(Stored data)
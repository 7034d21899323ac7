-- ===== src/Subset/Ends.antt =====
-- The loop ends within as many rounds as there are dicts on the stack, with exactly what can be
-- reached from it.
use mathlib.Core.Path.{subst}
use claw_tune.Base.{
  ℕ, zero, suc, ◌≤◌, ◌<◌, ◌≡◌, refl, ◌↔◌, inl, inr, some, List, [], ◌∷◌, All, All-map, In, arith,
}
use claw_tune.Subset.{
  Terminal, Branch, branch, Child, leaf, inner, Children, chosen, visit, with_terminal, subset_loop,
  weight,
}
use claw_tune.Subset.Entries.{
  IsTrie, IsChild, AreTries, IsAllowed, MayBe, get_child-MayBe, chosen-IsAllowed,
}
use claw_tune.Subset.Weight.{IsSetList, chosen_weight}
use claw_tune.Subset.Loop.{
  Reachable, visit_to, visit_from, stack_weight, visit_weight, round_to, round_from,
}

module _ {F : Type 0} (dec : Discrete F) (allowed : List F) where
  visit_tries :
      (cs : List (Child F)) (stack : List (Branch F)) (matches : List (Terminal F))
      → All (IsChild dec) cs
      → All (IsTrie dec) stack
      → All (IsTrie dec) (visit cs stack matches).0
  unfolding visit IsTrie
  visit_tries [] stack matches a s = s
  visit_tries (leaf u ∷ cs) stack matches a s = visit_tries cs stack (u ∷ matches) a.1 s
  visit_tries (inner b ∷ cs) stack matches a s = visit_tries cs (b ∷ stack) matches a.1 (a.0, s)

  IsAllowed-IsChild :
      (cs : Children F)
      → AreTries dec cs
      → (c : Child F) → IsAllowed dec allowed cs c
      → IsChild dec c
  IsAllowed-IsChild cs u c a = subst (MayBe dec) a.is_there (get_child-MayBe dec a.feature cs u)

  -- The loop returns `found`, with just what can be reached.
  abbrev pub Finds : List (Branch F) → List (Terminal F) → List (Terminal F) → Type 0
  Finds stack matches found = (t : Terminal F) → In t found ↔ Reachable dec allowed t stack matches

  stack_pos : (b : Branch F) → 0 < weight b
  unfolding weight
  stack_pos (branch n cs) = omega arith

  pub subset_loop-Finds :
      (fuel : ℕ) (stack : List (Branch F)) (matches : List (Terminal F))
      → IsSetList dec allowed
      → All (IsTrie dec) stack
      → stack_weight dec allowed stack ≤ fuel
      → (found : List (Terminal F)) × (subset_loop dec fuel allowed stack matches ≡ some found)
        × Finds stack matches found
  unfolding subset_loop stack_weight weight IsTrie
  subset_loop-Finds fuel [] matches u s w = (matches, nothing_left fuel, λ t. (inl, only_found t))
    where
      nothing_left : (fuel : ℕ) → subset_loop dec fuel allowed [] matches ≡ some matches
      nothing_left zero = refl
      nothing_left (suc n) = refl

      only_found : (t : Terminal F) → Reachable dec allowed t [] matches → In t matches
      only_found t (inl i) = i
      only_found t (inr b) = absurd b
  subset_loop-Finds zero (b ∷ stack) matches u s w = absurd (omega (arith, w, stack_pos b))
  subset_loop-Finds (suc fuel) (branch n cs ∷ stack) matches u s w =
      let ones = chosen dec allowed n cs in
      let kept = with_terminal n matches in
      let (found, e, h) =
        subset_loop-Finds fuel (visit ones stack kept).0 (visit ones stack kept).1 u
          (visit_tries ones stack kept
            (All-map (IsAllowed dec allowed cs) (IsChild dec) ones (IsAllowed-IsChild cs s.0)
              (chosen-IsAllowed dec allowed n cs s.0))
            s.1)
          (omega (
            arith,
            w,
            visit_weight dec allowed ones stack kept,
            chosen_weight dec allowed n cs u,
          )) in
      (
        found,
        e,
        λ t. (
          (λ i.
              round_from dec allowed t n cs stack matches s.0
                (visit_from dec allowed t ones stack kept ((h t).0 i))),
          (λ r. (h t).1 (
              visit_to dec allowed t ones stack kept
                (round_to dec allowed t n cs stack matches r))),
        ),
      )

## Exercise prompt
In full and without change, transcribe the entries.

## Result of this task
repository 7034d21899323ac7
-- ===== src/Subset/Ends.antt =====
-- The loop ends within as many rounds as there are dicts on the stack, with exactly what can be
-- reached from it.
use mathlib.Core.Path.{subst}
use claw_tune.Base.{
  ℕ, zero, suc, ◌≤◌, ◌<◌, ◌≡◌, refl, ◌↔◌, inl, inr, some, List, [], ◌∷◌, All, All-map, In, arith,
}
use claw_tune.Subset.{
  Terminal, Branch, branch, Child, leaf, inner, Children, chosen, visit, with_terminal, subset_loop,
  weight,
}
use claw_tune.Subset.Entries.{
  IsTrie, IsChild, AreTries, IsAllowed, MayBe, get_child-MayBe, chosen-IsAllowed,
}
use claw_tune.Subset.Weight.{IsSetList, chosen_weight}
use claw_tune.Subset.Loop.{
  Reachable, visit_to, visit_from, stack_weight, visit_weight, round_to, round_from,
}

module _ {F : Type 0} (dec : Discrete F) (allowed : List F) where
  visit_tries :
      (cs : List (Child F)) (stack : List (Branch F)) (matches : List (Terminal F))
      → All (IsChild dec) cs
      → All (IsTrie dec) stack
      → All (IsTrie dec) (visit cs stack matches).0
  unfolding visit IsTrie
  visit_tries [] stack matches a s = s
  visit_tries (leaf u ∷ cs) stack matches a s = visit_tries cs stack (u ∷ matches) a.1 s
  visit_tries (inner b ∷ cs) stack matches a s = visit_tries cs (b ∷ stack) matches a.1 (a.0, s)

  IsAllowed-IsChild :
      (cs : Children F)
      → AreTries dec cs
      → (c : Child F) → IsAllowed dec allowed cs c
      → IsChild dec c
  IsAllowed-IsChild cs u c a = subst (MayBe dec) a.is_there (get_child-MayBe dec a.feature cs u)

  -- The loop returns `found`, with just what can be reached.
  abbrev pub Finds : List (Branch F) → List (Terminal F) → List (Terminal F) → Type 0
  Finds stack matches found = (t : Terminal F) → In t found ↔ Reachable dec allowed t stack matches

  stack_pos : (b : Branch F) → 0 < weight b
  unfolding weight
  stack_pos (branch n cs) = omega arith

  pub subset_loop-Finds :
      (fuel : ℕ) (stack : List (Branch F)) (matches : List (Terminal F))
      → IsSetList dec allowed
      → All (IsTrie dec) stack
      → stack_weight dec allowed stack ≤ fuel
      → (found : List (Terminal F)) × (subset_loop dec fuel allowed stack matches ≡ some found)
        × Finds stack matches found
  unfolding subset_loop stack_weight weight IsTrie
  subset_loop-Finds fuel [] matches u s w = (matches, nothing_left fuel, λ t. (inl, only_found t))
    where
      nothing_left : (fuel : ℕ) → subset_loop dec fuel allowed [] matches ≡ some matches
      nothing_left zero = refl
      nothing_left (suc n) = refl

      only_found : (t : Terminal F) → Reachable dec allowed t [] matches → In t matches
      only_found t (inl i) = i
      only_found t (inr b) = absurd b
  subset_loop-Finds zero (b ∷ stack) matches u s w = absurd (omega (arith, w, stack_pos b))
  subset_loop-Finds (suc fuel) (branch n cs ∷ stack) matches u s w =
      let ones = chosen dec allowed n cs in
      let kept = with_terminal n matches in
      let (found, e, h) =
        subset_loop-Finds fuel (visit ones stack kept).0 (visit ones stack kept).1 u
          (visit_tries ones stack kept
            (All-map (IsAllowed dec allowed cs) (IsChild dec) ones (IsAllowed-IsChild cs s.0)
              (chosen-IsAllowed dec allowed n cs s.0))
            s.1)
          (omega (
            arith,
            w,
            visit_weight dec allowed ones stack kept,
            chosen_weight dec allowed n cs u,
          )) in
      (
        found,
        e,
        λ t. (
          (λ i.
              round_from dec allowed t n cs stack matches s.0
                (visit_from dec allowed t ones stack kept ((h t).0 i))),
          (λ r. (h t).1 (
              visit_to dec allowed t ones stack kept
                (round_to dec allowed t n cs stack matches r))),
        ),
      )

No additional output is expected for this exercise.